Provided entries ->
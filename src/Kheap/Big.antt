-- ===== src/Kheap/Big.antt =====
-- `big_kmalloc` and `big_kfree` of kheap.c, for sizes below 2 ^ 31 - 4103, where the
-- arithmetic on ints does not wrap.
pub mod Search
use parallel_memory_allocato.Base.{
  ℕ, zero, suc, ◌+◌, ◌-◌, ◌*◌, ◌/◌, Option, none, some, Outcome, ok, stop, Stop, ◌>>=◌, ltb, ◌==◌,
  if◌then◌else◌,
}
use parallel_memory_allocato.Memlib.{null}
use parallel_memory_allocato.Kheap.Sizes.{page_size, smallest_subpage_size}
use parallel_memory_allocato.Kheap.State.{State, put_chunk}
use parallel_memory_allocato.Kheap.PageRefs.{sbrk}

-- The pages that a request and its header take.
unfoldable pub big_pages : ℕ → ℕ
big_pages sz = (sz + smallest_subpage_size + page_size - 1) / page_size

-- The branch of a chunk with more pages than needed: its last pages are cut off.
unfoldable pub carve : State → ℕ → ℕ → ℕ × State
unfolding put_chunk
carve s npages tmp =
    let left = (s.chunks tmp).npages - npages in
    let s1 = put_chunk s tmp (record (s.chunks tmp) { npages = left }) in
    let hdr = tmp + left * page_size in
    (hdr + smallest_subpage_size, put_chunk s1 hdr (record (s1.chunks hdr) { npages = npages }))

-- The branch of a chunk of the right size: it leaves the list, whose node before it is `prev`.
unfoldable pub take_chunk : State → ℕ → ℕ → ℕ × State
unfolding put_chunk
take_chunk s prev tmp =
    let after = (s.chunks tmp).next in
    (
      tmp + smallest_subpage_size,
      if prev == null
          then record s { bigchunks = after }
          else put_chunk s prev (record (s.chunks prev) { next = after }),
    )

-- The loop over the free chunks; `none` if nothing on the list is suitable.
unfoldable pub search_chunks : ℕ → State → ℕ → ℕ → ℕ → Outcome (Option (ℕ × State))
unfolding carve take_chunk
search_chunks zero s npages prev tmp = stop Stop.out_of_fuel
search_chunks (suc n) s npages prev tmp =
    let rest = search_chunks n s npages tmp (s.chunks tmp).next in
    if tmp == null
    then ok none
    else if ltb npages (s.chunks tmp).npages
    then ok (some (carve s npages tmp))
    else if (s.chunks tmp).npages == npages
    then ok (some (take_chunk s prev tmp))
    else rest

-- A new chunk from `mem_sbrk`.
unfoldable pub new_chunk : State → ℕ → Outcome (ℕ × State)
unfolding sbrk put_chunk
new_chunk s npages = do
  (hdr, s1) ← sbrk (npages * page_size) s
  ok (
    if hdr == null then null else hdr + smallest_subpage_size,
    if hdr == null then s1 else put_chunk s1 hdr (record (s1.chunks hdr) { npages = npages }),
  )

unfoldable pub big_kmalloc : ℕ → ℕ → State → Outcome (ℕ × State)
unfolding big_pages search_chunks new_chunk
big_kmalloc fuel sz s = do
  found ← search_chunks fuel s (big_pages sz) null s.bigchunks
  elim found [ none ↦ new_chunk s (big_pages sz) | some (p, s1) ↦ ok (p, s1) ]

unfoldable pub big_kfree : ℕ → State → State
unfolding put_chunk
big_kfree ptr s =
    let hdr = ptr - smallest_subpage_size in
    record (put_chunk s hdr (record (s.chunks hdr) { next = s.bigchunks })) { bigchunks = hdr }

What the exercise asks -> Print only what lies in the material above starting at the line with "unfolding big_pages search_chunks new_chunk" and ending at the line with "unfoldable pub big_kfree : ℕ → State → State", every line exactly as given.

Written response ->
unfolding big_pages search_chunks new_chunk
big_kmalloc fuel sz s = do
  found ← search_chunks fuel s (big_pages sz) null s.bigchunks
  elim found [ none ↦ new_chunk s (big_pages sz) | some (p, s1) ↦ ok (p, s1) ]

unfoldable pub big_kfree : ℕ → State → State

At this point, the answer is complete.